# [WHAT THE EXERCISE ASKS]
Copy out, exactly, the first line of the entries below and every line after it through the one containing "pub record Pair : Type 0 where".

# [PROVIDED DATA]
===============

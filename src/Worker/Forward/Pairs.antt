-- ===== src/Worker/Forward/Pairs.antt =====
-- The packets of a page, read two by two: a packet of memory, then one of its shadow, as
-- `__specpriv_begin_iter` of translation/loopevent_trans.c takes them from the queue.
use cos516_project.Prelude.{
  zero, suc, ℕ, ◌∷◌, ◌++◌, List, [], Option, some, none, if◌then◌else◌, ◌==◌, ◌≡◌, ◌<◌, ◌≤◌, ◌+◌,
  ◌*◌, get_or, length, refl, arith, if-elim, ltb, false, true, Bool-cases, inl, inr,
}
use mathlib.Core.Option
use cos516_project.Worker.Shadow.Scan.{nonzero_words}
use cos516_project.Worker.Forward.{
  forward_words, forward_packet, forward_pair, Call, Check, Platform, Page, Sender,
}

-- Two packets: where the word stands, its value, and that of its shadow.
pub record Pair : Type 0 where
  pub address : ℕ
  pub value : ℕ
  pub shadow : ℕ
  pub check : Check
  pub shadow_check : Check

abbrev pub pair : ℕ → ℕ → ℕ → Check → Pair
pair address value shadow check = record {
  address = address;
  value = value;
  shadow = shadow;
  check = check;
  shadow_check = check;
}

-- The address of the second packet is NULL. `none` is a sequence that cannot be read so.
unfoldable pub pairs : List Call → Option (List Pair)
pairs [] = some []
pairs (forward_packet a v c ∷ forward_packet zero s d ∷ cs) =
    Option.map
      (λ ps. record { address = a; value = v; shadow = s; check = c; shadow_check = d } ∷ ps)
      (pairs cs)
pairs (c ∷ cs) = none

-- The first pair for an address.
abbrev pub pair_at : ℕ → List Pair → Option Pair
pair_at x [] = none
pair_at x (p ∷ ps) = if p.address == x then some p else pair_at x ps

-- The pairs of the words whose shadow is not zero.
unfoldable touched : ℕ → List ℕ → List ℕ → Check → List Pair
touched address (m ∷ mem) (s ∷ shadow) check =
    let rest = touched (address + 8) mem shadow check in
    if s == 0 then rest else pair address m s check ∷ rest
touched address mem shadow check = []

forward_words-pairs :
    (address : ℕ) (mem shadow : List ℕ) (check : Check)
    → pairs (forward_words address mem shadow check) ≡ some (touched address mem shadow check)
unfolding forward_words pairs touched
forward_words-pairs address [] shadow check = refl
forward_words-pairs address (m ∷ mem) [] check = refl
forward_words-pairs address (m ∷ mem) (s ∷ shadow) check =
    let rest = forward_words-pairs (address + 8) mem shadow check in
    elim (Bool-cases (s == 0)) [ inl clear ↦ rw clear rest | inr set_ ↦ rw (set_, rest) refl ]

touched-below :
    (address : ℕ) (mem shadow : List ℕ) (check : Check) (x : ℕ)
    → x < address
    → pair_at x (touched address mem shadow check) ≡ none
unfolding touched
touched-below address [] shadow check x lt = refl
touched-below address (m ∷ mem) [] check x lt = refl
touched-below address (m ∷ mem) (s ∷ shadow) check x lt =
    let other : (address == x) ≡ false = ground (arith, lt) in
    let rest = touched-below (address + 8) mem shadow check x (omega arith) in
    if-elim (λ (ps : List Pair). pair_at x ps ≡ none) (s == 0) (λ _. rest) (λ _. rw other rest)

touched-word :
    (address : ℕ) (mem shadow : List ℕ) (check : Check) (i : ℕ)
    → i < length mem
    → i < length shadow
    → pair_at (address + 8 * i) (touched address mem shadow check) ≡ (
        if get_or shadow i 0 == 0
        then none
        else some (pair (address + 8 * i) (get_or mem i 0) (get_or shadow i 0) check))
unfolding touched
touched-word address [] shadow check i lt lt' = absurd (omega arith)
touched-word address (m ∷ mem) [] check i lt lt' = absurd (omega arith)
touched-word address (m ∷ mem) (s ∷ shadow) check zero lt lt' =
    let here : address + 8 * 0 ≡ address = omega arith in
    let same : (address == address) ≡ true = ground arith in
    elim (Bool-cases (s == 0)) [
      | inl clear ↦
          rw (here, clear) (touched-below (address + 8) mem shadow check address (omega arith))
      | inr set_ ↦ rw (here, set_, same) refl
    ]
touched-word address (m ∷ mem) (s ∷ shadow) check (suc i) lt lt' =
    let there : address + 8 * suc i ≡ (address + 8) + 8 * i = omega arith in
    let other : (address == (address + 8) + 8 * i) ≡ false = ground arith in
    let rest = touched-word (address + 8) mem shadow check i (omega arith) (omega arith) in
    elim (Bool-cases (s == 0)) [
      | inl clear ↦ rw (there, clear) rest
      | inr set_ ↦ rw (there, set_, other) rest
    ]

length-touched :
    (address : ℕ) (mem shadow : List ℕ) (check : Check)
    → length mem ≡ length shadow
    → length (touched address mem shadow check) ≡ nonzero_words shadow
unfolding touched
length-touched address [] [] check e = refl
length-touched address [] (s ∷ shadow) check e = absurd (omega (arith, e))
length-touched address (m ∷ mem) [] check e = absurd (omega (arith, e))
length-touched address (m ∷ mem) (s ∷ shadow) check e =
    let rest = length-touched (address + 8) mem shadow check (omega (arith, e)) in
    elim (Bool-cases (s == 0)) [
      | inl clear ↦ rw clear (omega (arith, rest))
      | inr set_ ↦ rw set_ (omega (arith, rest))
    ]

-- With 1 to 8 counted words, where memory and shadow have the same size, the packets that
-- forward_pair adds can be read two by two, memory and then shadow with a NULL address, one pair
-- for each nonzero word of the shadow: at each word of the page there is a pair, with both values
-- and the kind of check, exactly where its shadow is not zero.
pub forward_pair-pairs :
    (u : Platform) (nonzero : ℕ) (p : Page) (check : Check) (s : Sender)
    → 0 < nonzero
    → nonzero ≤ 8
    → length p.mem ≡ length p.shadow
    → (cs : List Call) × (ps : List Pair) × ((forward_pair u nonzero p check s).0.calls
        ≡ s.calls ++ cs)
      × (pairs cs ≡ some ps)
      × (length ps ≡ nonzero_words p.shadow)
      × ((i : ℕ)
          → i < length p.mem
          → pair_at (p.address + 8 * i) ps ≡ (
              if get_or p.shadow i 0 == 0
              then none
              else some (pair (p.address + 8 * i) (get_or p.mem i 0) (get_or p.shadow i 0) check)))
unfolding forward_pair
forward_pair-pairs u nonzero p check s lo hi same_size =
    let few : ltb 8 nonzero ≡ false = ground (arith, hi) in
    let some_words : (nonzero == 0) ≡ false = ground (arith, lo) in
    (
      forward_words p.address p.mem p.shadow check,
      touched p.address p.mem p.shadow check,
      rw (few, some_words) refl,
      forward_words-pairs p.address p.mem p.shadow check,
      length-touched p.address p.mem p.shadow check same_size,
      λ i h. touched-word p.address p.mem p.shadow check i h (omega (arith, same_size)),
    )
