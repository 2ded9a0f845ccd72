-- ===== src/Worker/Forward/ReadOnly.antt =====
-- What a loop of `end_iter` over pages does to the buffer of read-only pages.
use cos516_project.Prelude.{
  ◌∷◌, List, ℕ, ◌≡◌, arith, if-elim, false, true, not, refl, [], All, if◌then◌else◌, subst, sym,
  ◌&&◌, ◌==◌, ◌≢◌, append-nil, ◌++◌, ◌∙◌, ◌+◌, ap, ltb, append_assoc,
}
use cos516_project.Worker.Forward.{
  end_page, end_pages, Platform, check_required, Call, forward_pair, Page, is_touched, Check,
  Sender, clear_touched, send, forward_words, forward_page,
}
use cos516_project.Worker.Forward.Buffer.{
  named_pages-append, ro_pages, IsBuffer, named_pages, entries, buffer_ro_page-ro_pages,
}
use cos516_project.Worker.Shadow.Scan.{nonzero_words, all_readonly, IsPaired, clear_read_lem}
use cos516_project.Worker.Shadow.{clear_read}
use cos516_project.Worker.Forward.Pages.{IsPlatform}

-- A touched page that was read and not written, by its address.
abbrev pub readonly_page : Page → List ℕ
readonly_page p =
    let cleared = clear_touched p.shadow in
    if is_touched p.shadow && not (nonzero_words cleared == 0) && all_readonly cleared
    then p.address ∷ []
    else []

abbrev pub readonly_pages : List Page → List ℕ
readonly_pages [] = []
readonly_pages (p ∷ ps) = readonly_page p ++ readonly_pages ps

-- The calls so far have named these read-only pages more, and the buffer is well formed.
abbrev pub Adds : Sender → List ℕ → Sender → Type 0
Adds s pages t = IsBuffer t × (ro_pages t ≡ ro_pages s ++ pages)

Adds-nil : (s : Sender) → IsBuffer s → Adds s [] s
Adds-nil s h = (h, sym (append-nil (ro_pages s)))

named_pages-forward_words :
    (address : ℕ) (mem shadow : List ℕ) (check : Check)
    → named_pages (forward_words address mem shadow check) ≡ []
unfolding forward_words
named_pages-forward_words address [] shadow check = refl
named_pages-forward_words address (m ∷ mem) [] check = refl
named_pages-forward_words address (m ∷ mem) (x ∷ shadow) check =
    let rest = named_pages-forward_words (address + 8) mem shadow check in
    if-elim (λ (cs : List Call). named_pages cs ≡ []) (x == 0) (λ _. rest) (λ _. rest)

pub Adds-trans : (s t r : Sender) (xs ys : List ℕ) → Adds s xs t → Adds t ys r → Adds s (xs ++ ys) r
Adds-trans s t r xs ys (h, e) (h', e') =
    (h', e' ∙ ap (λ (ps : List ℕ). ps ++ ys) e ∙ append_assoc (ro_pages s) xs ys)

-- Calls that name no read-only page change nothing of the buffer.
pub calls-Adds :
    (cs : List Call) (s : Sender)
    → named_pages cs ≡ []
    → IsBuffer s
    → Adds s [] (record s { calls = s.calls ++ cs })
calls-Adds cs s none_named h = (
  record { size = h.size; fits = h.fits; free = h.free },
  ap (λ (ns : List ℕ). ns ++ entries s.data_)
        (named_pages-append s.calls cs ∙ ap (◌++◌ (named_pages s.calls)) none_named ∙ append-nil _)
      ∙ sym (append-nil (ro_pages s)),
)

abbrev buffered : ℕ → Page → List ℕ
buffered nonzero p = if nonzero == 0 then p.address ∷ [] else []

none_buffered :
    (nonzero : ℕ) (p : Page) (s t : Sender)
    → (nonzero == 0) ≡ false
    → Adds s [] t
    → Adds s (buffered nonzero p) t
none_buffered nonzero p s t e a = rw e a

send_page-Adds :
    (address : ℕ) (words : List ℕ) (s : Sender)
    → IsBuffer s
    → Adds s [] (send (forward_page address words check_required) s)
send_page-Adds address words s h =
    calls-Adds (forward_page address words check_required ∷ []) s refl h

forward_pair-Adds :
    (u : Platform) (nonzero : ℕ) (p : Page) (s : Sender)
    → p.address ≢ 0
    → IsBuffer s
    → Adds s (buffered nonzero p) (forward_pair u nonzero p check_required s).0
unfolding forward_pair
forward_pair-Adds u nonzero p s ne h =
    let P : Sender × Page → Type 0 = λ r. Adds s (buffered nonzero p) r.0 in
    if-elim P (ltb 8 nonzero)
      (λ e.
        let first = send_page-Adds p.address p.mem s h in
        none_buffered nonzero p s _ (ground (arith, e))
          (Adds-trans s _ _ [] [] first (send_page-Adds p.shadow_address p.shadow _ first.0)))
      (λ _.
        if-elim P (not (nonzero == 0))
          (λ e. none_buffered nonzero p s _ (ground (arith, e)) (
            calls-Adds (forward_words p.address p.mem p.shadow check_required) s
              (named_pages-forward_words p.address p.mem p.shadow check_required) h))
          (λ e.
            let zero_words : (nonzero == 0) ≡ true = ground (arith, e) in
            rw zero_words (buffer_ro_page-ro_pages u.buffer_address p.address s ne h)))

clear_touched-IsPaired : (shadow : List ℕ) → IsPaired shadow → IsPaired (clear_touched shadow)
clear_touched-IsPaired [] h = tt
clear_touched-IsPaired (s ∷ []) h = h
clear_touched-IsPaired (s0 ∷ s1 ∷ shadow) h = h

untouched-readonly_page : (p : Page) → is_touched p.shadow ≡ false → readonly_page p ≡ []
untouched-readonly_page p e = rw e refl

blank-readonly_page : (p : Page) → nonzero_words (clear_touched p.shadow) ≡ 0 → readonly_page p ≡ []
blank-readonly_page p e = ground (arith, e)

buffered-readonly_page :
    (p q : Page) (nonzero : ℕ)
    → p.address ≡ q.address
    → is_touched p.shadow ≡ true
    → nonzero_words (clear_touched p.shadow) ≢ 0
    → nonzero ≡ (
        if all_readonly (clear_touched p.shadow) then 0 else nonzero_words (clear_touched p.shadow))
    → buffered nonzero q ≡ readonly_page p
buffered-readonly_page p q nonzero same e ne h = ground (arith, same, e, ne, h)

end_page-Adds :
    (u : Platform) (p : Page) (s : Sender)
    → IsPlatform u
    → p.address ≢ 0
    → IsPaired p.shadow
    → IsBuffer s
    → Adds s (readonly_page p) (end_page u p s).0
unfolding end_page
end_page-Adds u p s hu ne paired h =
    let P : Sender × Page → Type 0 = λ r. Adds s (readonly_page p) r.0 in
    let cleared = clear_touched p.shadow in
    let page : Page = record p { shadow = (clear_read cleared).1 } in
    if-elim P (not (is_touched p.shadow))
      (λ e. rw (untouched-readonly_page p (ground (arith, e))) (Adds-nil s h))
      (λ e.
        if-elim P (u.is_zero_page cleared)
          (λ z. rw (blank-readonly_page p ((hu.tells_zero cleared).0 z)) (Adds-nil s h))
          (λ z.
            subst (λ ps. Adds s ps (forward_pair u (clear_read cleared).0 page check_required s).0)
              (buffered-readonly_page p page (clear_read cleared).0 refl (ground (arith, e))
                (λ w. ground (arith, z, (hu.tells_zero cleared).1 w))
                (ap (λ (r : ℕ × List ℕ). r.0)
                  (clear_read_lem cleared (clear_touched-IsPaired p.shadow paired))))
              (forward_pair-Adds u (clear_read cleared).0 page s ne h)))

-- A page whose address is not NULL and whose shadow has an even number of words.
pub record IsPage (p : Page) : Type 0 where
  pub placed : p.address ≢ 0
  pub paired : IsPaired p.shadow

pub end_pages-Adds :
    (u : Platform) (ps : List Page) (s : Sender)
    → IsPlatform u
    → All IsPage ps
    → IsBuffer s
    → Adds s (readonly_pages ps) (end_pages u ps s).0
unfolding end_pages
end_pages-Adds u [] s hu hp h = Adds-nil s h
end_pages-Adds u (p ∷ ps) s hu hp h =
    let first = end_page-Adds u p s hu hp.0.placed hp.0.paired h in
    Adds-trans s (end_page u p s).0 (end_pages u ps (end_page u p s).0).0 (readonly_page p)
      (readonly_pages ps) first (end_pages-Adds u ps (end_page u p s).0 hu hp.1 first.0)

===============

# [OUTPUT BELOW]
filename src/Worker/Forward/Pairs.antt
-- ===== src/Worker/Forward/Pairs.antt =====
-- The packets of a page, read two by two: a packet of memory, then one of its shadow, as
-- `__specpriv_begin_iter` of translation/loopevent_trans.c takes them from the queue.
use cos516_project.Prelude.{
  zero, suc, ℕ, ◌∷◌, ◌++◌, List, [], Option, some, none, if◌then◌else◌, ◌==◌, ◌≡◌, ◌<◌, ◌≤◌, ◌+◌,
  ◌*◌, get_or, length, refl, arith, if-elim, ltb, false, true, Bool-cases, inl, inr,
}
use mathlib.Core.Option
use cos516_project.Worker.Shadow.Scan.{nonzero_words}
use cos516_project.Worker.Forward.{
  forward_words, forward_packet, forward_pair, Call, Check, Platform, Page, Sender,
}

-- Two packets: where the word stands, its value, and that of its shadow.
pub record Pair : Type 0 where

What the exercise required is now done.